-- ===== src/PipeServer/Lines.antt =====
-- The lines of one thread among all that are printed, and those that a thread has printed when it
-- stands at a call.
use c_teaching.Prelude.{
  ℕ, ◌≡◌, ◌==◌, refl, ap, sym, ◌∙◌, if◌then◌else◌, Bool-cases, inl, inr, Bool, true, false, Option,
  none, some, List, [], ◌∷◌, ◌++◌, append-nil, append_assoc,
}
use c_teaching.PipeServer.{
  Line, Thread, absent, created, announcing, handling, leaving, freeing, Texts,
}

abbrev pub text_of : List Line → List ℕ
text_of [] = []
text_of (l ∷ ls) = l.text ++ text_of ls

pub text_of-snoc : (ls : List Line) (l : Line) → text_of (ls ++ l ∷ []) ≡ text_of ls ++ l.text
text_of-snoc [] l = append-nil l.text
text_of-snoc (x ∷ ls) l =
    ap (λ k. x.text ++ k) (text_of-snoc ls l) ∙ sym (append_assoc x.text (text_of ls) l.text)

abbrev pub is_by : ℕ → Option ℕ → Bool
is_by i none = false
is_by i (some j) = i == j

abbrev pub own : ℕ → List Line → List (List ℕ)
own i [] = []
own i (l ∷ ls) = if is_by i l.author then l.text ∷ own i ls else own i ls

-- A line by the thread, and one by another.
pub own-snoc :
    (i : ℕ) (ls : List Line) (l : Line)
    → is_by i l.author ≡ true
    → own i (ls ++ l ∷ []) ≡ own i ls ++ l.text ∷ []
own-snoc i [] l by = rw by refl
own-snoc i (x ∷ ls) l by = elim (Bool-cases (is_by i x.author)) [
  | inl mine ↦ rw mine (ap (λ k. x.text ∷ k) (own-snoc i ls l by))
  | inr not_mine ↦ rw not_mine (own-snoc i ls l by)
]

pub own-snoc_other :
    (i : ℕ) (ls : List Line) (l : Line) → is_by i l.author ≡ false → own i (ls ++ l ∷ []) ≡ own i ls
own-snoc_other i [] l by = rw by refl
own-snoc_other i (x ∷ ls) l by = elim (Bool-cases (is_by i x.author)) [
  | inl mine ↦ rw mine (ap (λ k. x.text ∷ k) (own-snoc_other i ls l by))
  | inr not_mine ↦ rw not_mine (own-snoc_other i ls l by)
]

-- What the thread `i` has printed.
abbrev pub printed_at : Texts → ℕ → Thread → List (List ℕ)
printed_at texts i absent = []
printed_at texts i (created p) = []
printed_at texts i (announcing p a) = []
printed_at texts i (handling p a h pc) = texts.handles i a ∷ []
printed_at texts i (leaving p a h) = texts.handles i a ∷ []
printed_at texts i (freeing p a h) = texts.handles i a ∷ texts.closes i a ∷ []
printed_at texts i (Thread.done a) = texts.handles i a ∷ texts.closes i a ∷ []
printed_at texts i (Thread.reporting a) = texts.handles i a ∷ []
printed_at texts i (Thread.killing a text) = texts.handles i a ∷ text ∷ []
printed_at texts i (Thread.exiting a text) = texts.handles i a ∷ text ∷ []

[Problem] Would you print exactly, and only, the lines of the data above from the line with "not_mine (own-snoc_other i ls l by)" through the line with "printed_at texts i (Thread.killing", inclusive?

[Answer for this exercise]
  | inr not_mine ↦ rw not_mine (own-snoc_other i ls l by)
]

-- What the thread `i` has printed.
abbrev pub printed_at : Texts → ℕ → Thread → List (List ℕ)
printed_at texts i absent = []
printed_at texts i (created p) = []
printed_at texts i (announcing p a) = []
printed_at texts i (handling p a h pc) = texts.handles i a ∷ []
printed_at texts i (leaving p a h) = texts.handles i a ∷ []
printed_at texts i (freeing p a h) = texts.handles i a ∷ texts.closes i a ∷ []
printed_at texts i (Thread.done a) = texts.handles i a ∷ texts.closes i a ∷ []
printed_at texts i (Thread.reporting a) = texts.handles i a ∷ []
printed_at texts i (Thread.killing a text) = texts.handles i a ∷ text ∷ []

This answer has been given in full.